>>>

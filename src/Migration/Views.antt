-- ===== src/Migration/Views.antt =====
-- The two parts of an execution record that its snapshots seal, and what leaves them as they are.
use perfect_match_qms.Prelude.{
  ℕ, ◌≡◌, refl, Bool, true, false, true-false, ◌||◌, String, Option, List, any,
}
use perfect_match_qms.Odoo.{assign_all, assign_all-same}
use perfect_match_qms.Migration.Snapshots.{Json}
use perfect_match_qms.Migration.Execution.{
  State, ControlText, Outcome, Stamp, Execution, control_values, Assignment, set_state,
  set_control_snapshot, set_control_sha256, set_report_snapshot, set_report_sha256, set_by, set_on,
  set_operator_id, set_reviewer_id, set_control, set_report_text, set_count, set_rollback_decision,
  set_outcome, set_return_reason, set_closeout_notes, set_code, set_package_manifest_sha256,
  set_package_id, set_unmodelled, assign, is_workflow, is_control, is_evidence, is_lines,
  set_company_id, set_reconciliation_lines, set_ledger_started, ReportText, RollbackDecision, Line,
}

-- The controls, what seals them, and who acted when. `rendered` is what a snapshot would hold for each
-- company: `write` guards all that it holds but `company_id`.
pub record ControlView : Type 0 where
  pub state : State
  pub operator_id : ℕ
  pub reviewer_id : ℕ
  pub controls : ControlText → String
  pub rendered : ℕ → List (String × Json)
  pub snapshot : Option String
  pub sha256 : Option String
  pub by : Stamp → Option ℕ
  pub on : Stamp → Option ℕ

abbrev pub control_view : Execution → ControlView
control_view r = record {
  state = r.state;
  operator_id = r.operator_id;
  reviewer_id = r.reviewer_id;
  controls = r.controls;
  rendered = λ company. control_values (record r { company_id = company });
  snapshot = r.control_snapshot;
  sha256 = r.control_sha256;
  by = r.by;
  on = r.on;
}

-- The report, but for the counts, and what seals it.
pub record ReportView : Type 0 where
  pub texts : ReportText → Option String
  pub rollback_decision : Option RollbackDecision
  pub outcome : Option Outcome
  pub lines : List Line
  pub snapshot : Option String
  pub sha256 : Option String

abbrev pub report_view : Execution → ReportView
report_view r = record {
  texts = r.report_texts;
  rollback_decision = r.rollback_decision;
  outcome = r.outcome;
  lines = r.reconciliation_lines;
  snapshot = r.report_snapshot;
  sha256 = r.report_sha256;
}

-- The fields that the view of the report shows, and `write` does not bar.
abbrev pub is_shown : Assignment → Bool
is_shown v = is_evidence v || is_lines v

absurd : {A : Type 0} → true ≡ false → A
absurd h = elim (true-false true refl h) [ ]

control_view-assign :
    (v : Assignment) (r : Execution)
    → (is_workflow v || is_control v) ≡ false
    → control_view (assign v r) ≡ control_view r
control_view-assign (set_state _) r h = absurd h
control_view-assign (set_control_snapshot _) r h = absurd h
control_view-assign (set_control_sha256 _) r h = absurd h
control_view-assign (set_report_snapshot _) r h = absurd h
control_view-assign (set_report_sha256 _) r h = absurd h
control_view-assign (set_by _ _) r h = absurd h
control_view-assign (set_on _ _) r h = absurd h
control_view-assign (set_operator_id _) r h = absurd h
control_view-assign (set_reviewer_id _) r h = absurd h
control_view-assign (set_control _ _) r h = absurd h
control_view-assign (set_report_text _ _) r h = refl
control_view-assign (set_count _ _) r h = refl
control_view-assign (set_rollback_decision _) r h = refl
control_view-assign (set_outcome _) r h = refl
control_view-assign (set_return_reason _) r h = refl
control_view-assign (set_closeout_notes _) r h = refl
control_view-assign (set_code _) r h = absurd h
control_view-assign (set_package_manifest_sha256 _) r h = absurd h
control_view-assign (set_package_id _) r h = absurd h
control_view-assign (set_company_id _) r h = refl
control_view-assign (set_reconciliation_lines _) r h = refl
control_view-assign (set_ledger_started _) r h = refl
control_view-assign set_unmodelled r h = refl

report_view-assign :
    (v : Assignment) (r : Execution)
    → (is_workflow v || is_shown v) ≡ false
    → report_view (assign v r) ≡ report_view r
report_view-assign (set_state _) r h = absurd h
report_view-assign (set_control_snapshot _) r h = absurd h
report_view-assign (set_control_sha256 _) r h = absurd h
report_view-assign (set_report_snapshot _) r h = absurd h
report_view-assign (set_report_sha256 _) r h = absurd h
report_view-assign (set_by _ _) r h = absurd h
report_view-assign (set_on _ _) r h = absurd h
report_view-assign (set_operator_id _) r h = refl
report_view-assign (set_reviewer_id _) r h = refl
report_view-assign (set_control _ _) r h = refl
report_view-assign (set_report_text _ _) r h = absurd h
report_view-assign (set_count _ _) r h = refl
report_view-assign (set_rollback_decision _) r h = absurd h
report_view-assign (set_outcome _) r h = absurd h
report_view-assign (set_return_reason _) r h = refl
report_view-assign (set_closeout_notes _) r h = refl
report_view-assign (set_code _) r h = absurd h
report_view-assign (set_package_manifest_sha256 _) r h = absurd h
report_view-assign (set_package_id _) r h = absurd h
report_view-assign (set_company_id _) r h = refl
report_view-assign (set_reconciliation_lines _) r h = absurd h
report_view-assign (set_ledger_started _) r h = refl
report_view-assign set_unmodelled r h = refl

state-assign :
    (v : Assignment) (r : Execution) → is_workflow v ≡ false → (assign v r).state ≡ r.state
state-assign (set_state _) r h = absurd h
state-assign (set_control_snapshot _) r h = absurd h
state-assign (set_control_sha256 _) r h = absurd h
state-assign (set_report_snapshot _) r h = absurd h
state-assign (set_report_sha256 _) r h = absurd h
state-assign (set_by _ _) r h = absurd h
state-assign (set_on _ _) r h = absurd h
state-assign (set_operator_id _) r h = refl
state-assign (set_reviewer_id _) r h = refl
state-assign (set_control _ _) r h = refl
state-assign (set_report_text _ _) r h = refl
state-assign (set_count _ _) r h = refl
state-assign (set_rollback_decision _) r h = refl
state-assign (set_outcome _) r h = refl
state-assign (set_return_reason _) r h = refl
state-assign (set_closeout_notes _) r h = refl
state-assign (set_code _) r h = absurd h
state-assign (set_package_manifest_sha256 _) r h = absurd h
state-assign (set_package_id _) r h = absurd h
state-assign (set_company_id _) r h = refl
state-assign (set_reconciliation_lines _) r h = refl
state-assign (set_ledger_started _) r h = refl
state-assign set_unmodelled r h = refl

-- A write of no workflow field keeps the state.
pub state-same :
    (vals : List Assignment) (r : Execution)
    → any is_workflow vals ≡ false
    → (assign_all assign vals r).state ≡ r.state
state-same = assign_all-same assign (λ r. r.state) is_workflow state-assign

-- A write of neither workflow fields nor controls keeps the view of the controls.
pub control_view-same :
    (vals : List Assignment) (r : Execution)
    → any (λ v. is_workflow v || is_control v) vals ≡ false
    → control_view (assign_all assign vals r) ≡ control_view r
control_view-same =
    assign_all-same assign control_view (λ v. is_workflow v || is_control v) control_view-assign

-- A write of neither workflow fields nor the report keeps the view of the report.
pub report_view-same :
    (vals : List Assignment) (r : Execution)
    → any (λ v. is_workflow v || is_shown v) vals ≡ false
    → report_view (assign_all assign vals r) ≡ report_view r
report_view-same =
    assign_all-same assign report_view (λ v. is_workflow v || is_shown v) report_view-assign
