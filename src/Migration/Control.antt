-- ===== src/Migration/Control.antt =====
-- The control that the stages of an execution record keep, and that its calls keep it.
use perfect_match_qms.Prelude.{ℕ, String, ◌==◌, ◌≡◌, true, false, str_eq, some, any}
use perfect_match_qms.Odoo.{exists}
use perfect_match_qms.Migration.Snapshots.{Codec}
use perfect_match_qms.Migration.Execution.{
  State, draft, preflight_passed, authorized, in_progress, recorded, submitted, returned, closed,
  authorization, start, finish, submission, closure, Execution,
}
use perfect_match_qms.Migration.Actions.{placeholder, control_texts}
use perfect_match_qms.Migration.Views.{ControlView, control_view, ReportView, report_view}

module _ (codec : Codec) where
  -- The controls are those of the preflight, but for the company, and no field still has its
  -- placeholder.
  abbrev pub IsSealed : ControlView → Type 0
  IsSealed w =
      ((company : ℕ) × (w.snapshot ≡ some (codec.dumps (w.rendered company)))
        × (w.sha256 ≡ some (codec.sha256 (codec.dumps (w.rendered company)))))
      × (any (λ k. str_eq (w.controls k) (placeholder k)) control_texts ≡ false)

  -- The reviewer, who is not the operator, has authorized them.
  abbrev pub IsAuthorized : ControlView → Type 0
  IsAuthorized w =
      IsSealed w
      × (w.by authorization ≡ some w.reviewer_id)
      × ((w.operator_id == w.reviewer_id) ≡ false)

  -- The operator has started.
  abbrev pub IsStarted : ControlView → Type 0
  IsStarted w = IsAuthorized w × (w.by start ≡ some w.operator_id)

  -- The operator has recorded an outcome, and the report snapshot has its digest.
  abbrev pub IsReported : ControlView → ReportView → Type 0
  IsReported w v =
      IsStarted w
      × ((report : String) × (v.snapshot ≡ some report) × (v.sha256 ≡ some (codec.sha256 report)))
      × (exists v.outcome ≡ true)
      × (w.by finish ≡ some w.operator_id)

  -- The operator has submitted it.
  abbrev pub IsSubmitted : ControlView → ReportView → Type 0
  IsSubmitted w v = IsReported w v × (w.by submission ≡ some w.operator_id)

  -- The reviewer has closed it.
  abbrev pub IsClosed : ControlView → ReportView → Type 0
  IsClosed w v = IsSubmitted w v × (w.by closure ≡ some w.reviewer_id)

  -- What each state requires. No record is in the state `returned`.
  abbrev pub Stage : State → ControlView → ReportView → Type 0
  Stage draft w v = Unit
  Stage preflight_passed w v = IsSealed w
  Stage authorized w v = IsAuthorized w
  Stage in_progress w v = IsStarted w
  Stage recorded w v = IsReported w v
  Stage submitted w v = IsSubmitted w v
  Stage returned w v = ⊥
  Stage closed w v = IsClosed w v

  abbrev pub IsControlled : Execution → Type 0
  IsControlled r = Stage r.state (control_view r) (report_view r)
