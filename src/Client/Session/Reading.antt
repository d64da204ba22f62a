-- ===== src/Client/Session/Reading.antt =====
-- What the client reads of the messages that the server serializes.
use inf.Base.{Bool, Str, eq_str, eq_ℕ, false, ok, refl, some, true, ℕ, ◌%◌, ◌^◌, ◌≡◌}
use inf.Client.Session.{
  ServerLine, follow_rejected, follow_successful, invalid_server_type, read_server_message,
  read_typed, received_message, send_rejected, send_successful,
}
use inf.Server.Connections.{eq_address}
use inf.Server.Handler.{login}
use inf.Server.Message.{
  ServerMessageData, ServerMsgPayload, ServerMsgType, follow_command_fail, follow_command_success,
  login_fail_already_connected_to_different_user, login_fail_invalid_username,
  login_fail_too_many_sessions, login_success, members, payload_body, payload_members,
  payload_timestap, payload_username, send_command_fail, send_command_success, serialize,
  server_send_command, type_number,
}
use inf.Shared.Json.{IsPlain, Json, RoundTrips}

-- What a message of the server means to the client: the line for it, and whether it ends the program,
-- as a reply to a login does.
abbrev pub meant : (ℕ → Str) → ServerMsgType → ServerMsgPayload → ServerLine × Bool
meant ctime server_send_command p =
    (received_message (payload_username p) (payload_body p) (ctime (payload_timestap p)), false)
meant ctime follow_command_fail p = (follow_rejected (payload_username p), false)
meant ctime follow_command_success p = (follow_successful (payload_username p), false)
meant ctime send_command_fail p = (send_rejected, false)
meant ctime send_command_success p = (send_successful, false)
meant ctime login p = (invalid_server_type (type_number login), true)

module _ (J : Json) (R : RoundTrips J) (ctime : ℕ → Str) where
  abbrev message : ℕ → ServerMsgType → ServerMsgPayload → ServerMessageData
  message i ty p = record { msg_id = i; msg_type = ty; payload = p }

  abbrev value_of : ℕ → ServerMsgType → ServerMsgPayload → J.Value
  value_of i ty p = RoundTrips.parsed R (members ctime (message i ty p))

  abbrev IsPlainMessage : ℕ → ServerMsgType → ServerMsgPayload → Type 0
  IsPlainMessage i ty p = IsPlain (members ctime (message i ty p))

  id_lem :
      (i : ℕ) (ty : ServerMsgType) (p : ServerMsgPayload)
      → IsPlainMessage i ty p
      → J.as_int (value_of i ty p) "msg_id" ≡ ok (i % 2 ^ 32)
  unfolding members payload_members
  id_lem i server_send_command p plain = R.int_member _ "msg_id" i plain refl
  id_lem i follow_command_fail p plain = R.int_member _ "msg_id" i plain refl
  id_lem i follow_command_success p plain = R.int_member _ "msg_id" i plain refl
  id_lem i send_command_fail p plain = R.int_member _ "msg_id" i plain refl
  id_lem i send_command_success p plain = R.int_member _ "msg_id" i plain refl
  id_lem i login_success p plain = R.int_member _ "msg_id" i plain refl
  id_lem i login_fail_invalid_username p plain = R.int_member _ "msg_id" i plain refl
  id_lem i login_fail_too_many_sessions p plain = R.int_member _ "msg_id" i plain refl
  id_lem i login_fail_already_connected_to_different_user p plain =
      R.int_member _ "msg_id" i plain refl

  pub type_lem :
      (i : ℕ) (ty : ServerMsgType) (p : ServerMsgPayload)
      → IsPlainMessage i ty p
      → J.as_int (value_of i ty p) "msg_type" ≡ ok (type_number ty)
  unfolding members payload_members
  type_lem i server_send_command p plain =
      R.int_member _ "msg_type" (type_number server_send_command) plain refl
  type_lem i follow_command_fail p plain =
      R.int_member _ "msg_type" (type_number follow_command_fail) plain refl
  type_lem i follow_command_success p plain =
      R.int_member _ "msg_type" (type_number follow_command_success) plain refl
  type_lem i send_command_fail p plain =
      R.int_member _ "msg_type" (type_number send_command_fail) plain refl
  type_lem i send_command_success p plain =
      R.int_member _ "msg_type" (type_number send_command_success) plain refl
  type_lem i login_success p plain =
      R.int_member _ "msg_type" (type_number login_success) plain refl
  type_lem i login_fail_invalid_username p plain =
      R.int_member _ "msg_type" (type_number login_fail_invalid_username) plain refl
  type_lem i login_fail_too_many_sessions p plain =
      R.int_member _ "msg_type" (type_number login_fail_too_many_sessions) plain refl
  type_lem i login_fail_already_connected_to_different_user p plain =
      R.int_member _ "msg_type" (type_number login_fail_already_connected_to_different_user) plain
        refl

  typed_lem :
      (i : ℕ) (ty : ServerMsgType) (p : ServerMsgPayload)
      → IsPlainMessage i ty p
      → read_typed J (type_number ty) (value_of i ty p) ≡ ok (meant ctime ty p)
  unfolding read_typed members payload_members
  typed_lem i server_send_command p plain =
      rw (R.text_member _ "username" (payload_username p) plain refl) (
        rw (R.text_member _ "body" (payload_body p) plain refl)
          (rw (R.text_member _ "time" (ctime (payload_timestap p)) plain refl) refl))
  typed_lem i follow_command_fail p plain =
      rw (R.text_member _ "username" (payload_username p) plain refl) refl
  typed_lem i follow_command_success p plain =
      rw (R.text_member _ "username" (payload_username p) plain refl) refl
  typed_lem i send_command_fail p plain = refl
  typed_lem i send_command_success p plain = refl
  typed_lem i login_success p plain = refl
  typed_lem i login_fail_invalid_username p plain = refl
  typed_lem i login_fail_too_many_sessions p plain = refl
  typed_lem i login_fail_already_connected_to_different_user p plain = refl

  -- If jsoncpp reads back the ASCII that it writes, and the texts of a message that the server
  -- serializes are ASCII, what it writes is parsed, whatever stands behind it in the buffer, and
  -- the client reads from it the names, texts and times of its payload, as its type says; a reply
  -- to a login ends the client.
  pub read_server_message_lem :
      (m : ServerMessageData)
      → IsPlain (members ctime m)
      → (v : J.Value) × ((behind : Str) → J.parse (serialize J ctime m) behind ≡ some v)
        × (read_server_message J v ≡ ok (meant ctime m.msg_type m.payload))
  unfolding read_server_message
  read_server_message_lem m plain = (
    value_of m.msg_id m.msg_type m.payload,
    λ behind. R.parse_write (members ctime m) behind plain,
    rw (id_lem m.msg_id m.msg_type m.payload plain) (
        rw (type_lem m.msg_id m.msg_type m.payload plain)
          (typed_lem m.msg_id m.msg_type m.payload plain)),
  )
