-- ===== src/Client/Session/Texts.antt =====
-- The texts that the server writes for a message are ASCII: what the client of client/client.cpp
-- shows of it.
use inf.Base.{
  All, All-append, Bool, Bool-cases, Option-cases, Str, [], arith, eq_str, eq_ℕ, false, inl, inr,
  length, nat_eq, true, ℕ, ◌∷◌, ◌≡◌, ◌≤◌,
}
use inf.Server.Connections.{eq_address}
use inf.Server.Message.{server_send_command, type_number}
use inf.Server.NotificationManager.Fan.{shown_author}
use inf.Server.Persistence.{UserPersistence, get_username_from_user_id}
use inf.Server.Persistence.Invariant.{IsWellFormed}
use inf.Shared.Json.{IsAscii, Members, int, string}
use inf.Shared.Validation.{IsPrintable, is_valid_username, is_valid_username_iff}

pub printable-IsAscii : (b : Bool) (s : Str) → All (IsPrintable b) s → IsAscii s
printable-IsAscii b [] h = tt
printable-IsAscii true (c ∷ s) h = (ground arith, printable-IsAscii true s h.1)
printable-IsAscii false (c ∷ s) h = (ground arith, printable-IsAscii false s h.1)

pub username-IsAscii :
    (p : UserPersistence) (u : ℕ) → IsWellFormed p → IsAscii (get_username_from_user_id p u)
unfolding get_username_from_user_id
username-IsAscii p u v = elim (Option-cases (p.id_to_user u)) [
  | inl e ↦ rw (e, get_username_from_user_id) tt
  | inr (d, e) ↦
      let valid : is_valid_username d.persistent_data.username ≡ true =
        ground (arith, v.data_ok u) in
      rw (e, get_username_from_user_id)
        (printable-IsAscii false d.persistent_data.username
          ((is_valid_username_iff d.persistent_data.username).0 valid).2)
]

pub author-IsAscii :
    (author body : Str) → IsAscii author → IsAscii body → IsAscii (shown_author author body)
author-IsAscii author body h k = elim (Bool-cases (nat_eq (length author) 20)) [
  | inl full ↦ rw full (All-append (λ b. (1 ≤ b) × (b ≤ 127)) author body h k)
  | inr short ↦ rw short h
]

-- What `serialize` sets for a text of this author and time.
abbrev pub text_members : Str → Str → Str → ℕ → Members
text_members author body time i =
    ("msg_id", int i)
    ∷ ("msg_type", int (type_number server_send_command))
    ∷ ("username", string author)
    ∷ ("body", string body)
    ∷ ("time", string time)
    ∷ []
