-- ===== src/Server/Handler/FirstLogin.antt =====
-- A user's first login, and with it the way of a message to a follower that was offline.
use inf.Server.Connections
use inf.Server.Persistence
use inf.Base.{
  List, Option, Option-cases, Returns, Returns-mono, Str, [], ap, arith, eq_str, eq_ℕ, false,
  if◌then◌else◌, inl, inr, length, nat_eq, none, refl, subst, true, ℕ, ◌++◌, ◌∷◌, ◌≡◌, ◌≢◌,
}
use inf.Server.Connections.{Address, eq_address, get_user_id_from_address}
use inf.Server.Connections.Sessions.{owner}
use inf.Server.Handler.{
  ClientMessageHandler, Handled, answer_login, complete_login, login, login_refusal, login_user,
  message_address,
}
use inf.Server.Handler.Delivery.{Delivered, IsDeliveryOf, StoredDeliveries}
use inf.Server.Handler.Invariant.{IsSound}
use inf.Server.Handler.Login.{before_loop, complete_login_delivers}
use inf.Server.Message.{ServerAction, ServerMsgPayload, login_success, payload_size}
use inf.Server.Notification.{PendingNotification}
use inf.Server.NotificationManager.Counts.{stored_content}
use inf.Server.Persistence.{
  UserPersistence, add_or_update_user, drain_pending_notifications, get_username_from_user_id,
}
use inf.Server.Persistence.Invariant.{IsUser, IsWellFormed}
use inf.Server.Persistence.Pending.{
  SameUsers-username, drain_lem, drain_pending_notifications-SameUsers, waiting,
}
use inf.Shared.Ids.{invalid_user_id}
use inf.Shared.Validation.{is_valid_username}

StoredDeliveries-names :
    (p q : UserPersistence) (text : ℕ → Option (Str × ℕ)) (u : ℕ) (xs : List PendingNotification)
    (acts : List ServerAction)
    → ((w : ℕ) → get_username_from_user_id q w ≡ get_username_from_user_id p w)
    → StoredDeliveries q text u xs acts
    → StoredDeliveries p text u xs acts
StoredDeliveries-names p q text u [] [] e h = tt
StoredDeliveries-names p q text u [] (a ∷ acts) e h = absurd h
StoredDeliveries-names p q text u (x ∷ xs) [] e h = absurd h
StoredDeliveries-names p q text u (x ∷ xs) (a ∷ acts) e h = (
  subst (λ (n : Str). IsDeliveryOf (text x.notification_id) n u a) (e x.user_id) h.0,
  StoredDeliveries-names p q text u xs acts e h.1,
)

-- The action for the last of the pending notifications is the last.
pub StoredDeliveries-last :
    (p : UserPersistence) (text : ℕ → Option (Str × ℕ)) (u : ℕ) (x : PendingNotification)
    (xs : List PendingNotification) (acts : List ServerAction)
    → StoredDeliveries p text u (xs ++ x ∷ []) acts
    → (before : List ServerAction) × (a : ServerAction) × (acts ≡ before ++ a ∷ [])
      × IsDeliveryOf (text x.notification_id) (get_username_from_user_id p x.user_id) u a
StoredDeliveries-last p text u x [] [] h = absurd h
StoredDeliveries-last p text u x [] (a ∷ []) h = ([], a, refl, h.0)
StoredDeliveries-last p text u x [] (a ∷ b ∷ acts) h = absurd h.1
StoredDeliveries-last p text u x (y ∷ xs) [] h = absurd h
StoredDeliveries-last p text u x (y ∷ xs) (b ∷ acts) h =
    let (before, a, e, d) = StoredDeliveries-last p text u x xs acts h.1 in
    (b ∷ before, a, ap (◌∷◌ b) e, d)

-- A user's own name is valid, and its login finds the user.
pub known_user :
    (p : UserPersistence) (f : ℕ)
    → IsWellFormed p
    → IsUser p f
    → (is_valid_username (get_username_from_user_id p f) ≡ true)
      × (f ≢ invalid_user_id)
      × (add_or_update_user p (get_username_from_user_id p f) ≡ (f, p))
unfolding get_username_from_user_id add_or_update_user Persistence.user_id_exists
known_user p f v h = elim (Option-cases (p.id_to_user f)) [
  | inl e ↦ absurd (ground arith)
  | inr (d, e) ↦
      (ground (arith, v.data_ok f), ground (arith, v.data_ok f), ground (arith, v.data_ok f))
]

module _ (uninitialised : ServerMsgPayload) (sized : length uninitialised ≡ payload_size)
    (h : ClientMessageHandler) (s : IsSound h) (acts : List ServerAction) (f : ℕ)
    (user : IsUser h.user_persistence f) (a : Address)
    (offline : Connections.user_id_exists h.connection_manager f ≡ false)
    (unknown : owner h.connection_manager a ≡ none) where
  abbrev username : Str
  username = get_username_from_user_id h.user_persistence f

  pub not_refused : login_refusal h.connection_manager f a ≡ none
  unfolding login_refusal get_user_id_from_address
  not_refused = ground arith

  pub login_completes :
      login uninitialised h acts username a ≡ complete_login uninitialised h acts f a
  unfolding login
  login_completes =
      let (valid, proper, found) = known_user h.user_persistence f s.users user in
      rw valid (unfold login_user answer_login in rw found (rw not_refused refl))

  -- What the first login of a user leads to.
  pub record IsWelcomed (t : Handled) : Type 0 where
    -- The reply, then a message for each pending notification, in order.
    pub delivered :
        (msg_id : ℕ) × (new : List ServerAction) × (t.1
          ≡ (acts ++ message_address a msg_id login_success ∷ []) ++ new)
        × StoredDeliveries h.user_persistence
            (stored_content h.notification_manager)
            f
            (waiting h.user_persistence f)
            new
    -- Nothing waits for the user any more; the lists of others are as they were.
    pub drained_lists :
        (w : ℕ)
        → waiting t.0.user_persistence w ≡ (if nat_eq f w then [] else waiting h.user_persistence w)

  -- From a sound state, a user that is offline and logs in under its name at an address that nobody
  -- is logged in at gets the reply, and then one message for each of the notifications that waited
  -- for it, in order, with the stored text under its author's name (a name of 20 bytes is shown
  -- with the text behind it). Its list is empty afterwards, and those of others are as they were.
  -- Uninitialised objects have their sizes.
  pub first_login : Returns (login uninitialised h acts username a) IsWelcomed
  first_login =
      let p = h.user_persistence in
      let (valid, proper, found) = known_user p f s.users user in
      rw login_completes (
        Returns-mono
          (Delivered uninitialised sized f
            (before_loop uninitialised sized h s acts f a user proper (inl unknown))
            (drain_pending_notifications p f).0)
          IsWelcomed (complete_login uninitialised h acts f a)
          (λ t d.
            let (new, e, k) = d.sent in
            record {
              delivered = (
                _,
                new,
                e,
                StoredDeliveries-names p (drain_pending_notifications p f).1
                    (stored_content h.notification_manager) f (waiting p f) new
                    (SameUsers-username p (drain_pending_notifications p f).1
                      (drain_pending_notifications-SameUsers p f))
                    (subst
                      (λ (l : List PendingNotification).
                        StoredDeliveries (drain_pending_notifications p f).1
                          (stored_content h.notification_manager) f l new)
                      (drain_lem p f f).0 k),
              );
              drained_lists = λ w. rw d.users ((drain_lem p f w).1);
            })
          (complete_login_delivers uninitialised sized h s acts f a user proper (inl unknown)
            offline))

<<<

Scan the data above for the word "length". Copy every line in which it is found.

#### [TASK ANSWER]
  length, nat_eq, true, ℕ, ◌∷◌, ◌≡◌, ◌≤◌,
author-IsAscii author body h k = elim (Bool-cases (nat_eq (length author) 20)) [
  if◌then◌else◌, inl, inr, length, nat_eq, none, refl, subst, true, ℕ, ◌++◌, ◌∷◌, ◌≡◌, ◌≢◌,
module _ (uninitialised : ServerMsgPayload) (sized : length uninitialised ≡ payload_size)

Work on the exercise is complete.